§ RECORDS

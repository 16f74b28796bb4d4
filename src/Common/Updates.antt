-- ===== src/Common/Updates.antt =====
-- Writes to the rows of a table that have a given key, and what queries see of them.
use kaasb.Common.Tests.{◌==◌, if◌then◌else◌, Bool-cases}
use kaasb.Common.Lists.{All, select, sum_of, length}
use Prim.Native.Nat.{ℕ, ◌+◌, ◌≤◌}
use mathlib.Core.Path.{◌≡◌, refl, sym, ap, subst}
use mathlib.Core.Logic.{◌≢◌, inl, inr}
use mathlib.Core.Bool.{Bool, true, ◌&&◌}
use mathlib.Core.List.{List, [], ◌∷◌, map}
use native.Mathlib.Omega.{arith}

pub cons-head {ℓ} : {A : Type ℓ} {x y : A} {xs ys : List A} → x ∷ xs ≡ y ∷ ys → x ≡ y
cons-head h = cc

-- What holds of every row holds of one that a query finds.
pub found-All {κ} :
    {A : Type 0} (P : A → Type κ) (p : A → Bool) (a : A) (rest xs : List A)
    → All P xs
    → select p xs ≡ a ∷ rest
    → P a × (p a ≡ true)
found-All P p a rest [] h e = absurd (cc)
found-All P p a rest (x ∷ xs) h e = elim (Bool-cases (p x)) [
  | inl hit ↦
      let first : x ≡ a = cons-head (rw hit at e) in
      (subst P first h.0, subst (λ b. p b ≡ true) first hit)
  | inr miss ↦ found-All P p a rest xs h.1 (rw miss at e)
]

pub found-test :
    {A : Type 0} (p : A → Bool) (a : A) (rest xs : List A) → select p xs ≡ a ∷ rest → p a ≡ true
found-test p a rest [] e = absurd (cc)
found-test p a rest (x ∷ xs) e = elim (Bool-cases (p x)) [
  | inl hit ↦ subst (λ b. p b ≡ true) (cons-head (rw hit at e)) hit
  | inr miss ↦ found-test p a rest xs (rw miss at e)
]

module _ {A : Type 0} (key : A → ℕ) where
  abbrev pub update_row : ℕ → (A → A) → List A → List A
  update_row k f [] = []
  update_row k f (x ∷ xs) = (if key x == k then f x else x) ∷ update_row k f xs

  -- No two rows have one key.
  abbrev pub Distinct : List A → Type 0
  Distinct [] = Unit
  Distinct (x ∷ xs) = All (λ y. key y ≢ key x) xs × Distinct xs

  -- Every row with the key `k` is the row `a`.
  abbrev pub OnlyRow : ℕ → A → List A → Type 0
  OnlyRow k a xs = All (λ x. key x ≡ k → x ≡ a) xs

  pub select-update_row :
      (p : A → Bool) (k : ℕ) (f : A → A)
      → ((a : A) → p (f a) ≡ p a)
      → (xs : List A) → select p (update_row k f xs) ≡ update_row k f (select p xs)
  select-update_row p k f same [] = refl
  select-update_row p k f same (x ∷ xs) = ground (arith, same x, select-update_row p k f same xs)

  -- A write that keeps every weight keeps the sum.
  pub sum_of-update_row :
      (w : A → ℕ) (k : ℕ) (f : A → A) (xs : List A)
      → All (λ x. key x ≡ k → w (f x) ≡ w x) xs
      → sum_of w (update_row k f xs) ≡ sum_of w xs
  sum_of-update_row w k f [] h = refl
  sum_of-update_row w k f (x ∷ xs) h = ground (arith, sum_of-update_row w k f xs h.1)

  pub update_row-map :
      (k : ℕ) (f : A → A) (xs : List A)
      → map (λ x. if key x == k then f x else x) xs ≡ update_row k f xs
  update_row-map k f [] = refl
  update_row-map k f (x ∷ xs) =
      ap (λ ys. (if key x == k then f x else x) ∷ ys) (update_row-map k f xs)

  -- A write adds no row to a query but those that it changes into such.
  pub length-select-update_row :
      (p : A → Bool) (k : ℕ) (f : A → A) (xs : List A)
      → length (select p (update_row k f xs))
        ≤ length (select p xs) + length (select (λ x. (key x == k) && p (f x)) xs)
  length-select-update_row p k f [] = omega arith
  length-select-update_row p k f (x ∷ xs) = ground (arith, length-select-update_row p k f xs)

  -- The rows that are written and the others, each for itself.
  pub All-update_row_cases :
      (P : A → Type 0) (k : ℕ) (f : A → A) (xs : List A)
      → All (λ x. key x ≡ k → P (f x)) xs
      → All (λ x. key x ≢ k → P x) xs
      → All P (update_row k f xs)
  All-update_row_cases P k f [] h a = tt
  All-update_row_cases P k f (x ∷ xs) h a = elim (Bool-cases (key x == k)) [
    | inl e ↦ rw e (h.0 (ground arith), All-update_row_cases P k f xs h.1 a.1)
    | inr e ↦ rw e (a.0 (ground arith), All-update_row_cases P k f xs h.1 a.1)
  ]

  pub All-update_row :
      (P : A → Type 0) (k : ℕ) (f : A → A) (xs : List A)
      → All (λ x. key x ≡ k → P (f x)) xs
      → All P xs
      → All P (update_row k f xs)
  All-update_row P k f [] h a = tt
  All-update_row P k f (x ∷ xs) h a = elim (Bool-cases (key x == k)) [
    | inl e ↦ rw e (h.0 (ground arith), All-update_row P k f xs h.1 a.1)
    | inr e ↦ rw e (a.0, All-update_row P k f xs h.1 a.1)
  ]

  OnlyRow-of_ne : (k : ℕ) (a : A) (xs : List A) → All (λ y. key y ≢ k) xs → OnlyRow k a xs
  OnlyRow-of_ne k a [] h = tt
  OnlyRow-of_ne k a (x ∷ xs) h = (λ e. absurd (h.0 e), OnlyRow-of_ne k a xs h.1)

  -- A row that a query finds is the only one with its key, and passes the query's test.
  pub found-OnlyRow :
      (p : A → Bool) (a : A) (rest xs : List A)
      → Distinct xs
      → select p xs ≡ a ∷ rest
      → OnlyRow (key a) a xs
  found-OnlyRow p a rest [] d e = tt
  found-OnlyRow p a rest (x ∷ xs) d e = elim (Bool-cases (p x)) [
    | inl hit ↦
        let first : x ≡ a = cons-head (rw hit at e) in
        (
          λ _. first,
          OnlyRow-of_ne (key a) a xs (subst (λ b. All (λ y. key y ≢ key b) xs) first d.0),
        )
    | inr miss ↦
        let later = rw miss at e in
        let apart : key a ≢ key x = (found-All (λ y. key y ≢ key x) p a rest xs d.0 later).0 in
        (λ same. absurd (apart (sym same)), found-OnlyRow p a rest xs d.1 later)
  ]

§ HOW TO COMPLETE THIS TASK
The lines to copy are those in the listing that contain "Common".

§ ANSWER TO THIS EXERCISE
filename src/Common/Updates.antt
-- ===== src/Common/Updates.antt =====
use kaasb.Common.Tests.{◌==◌, if◌then◌else◌, Bool-cases}
use kaasb.Common.Lists.{All, select, sum_of, length}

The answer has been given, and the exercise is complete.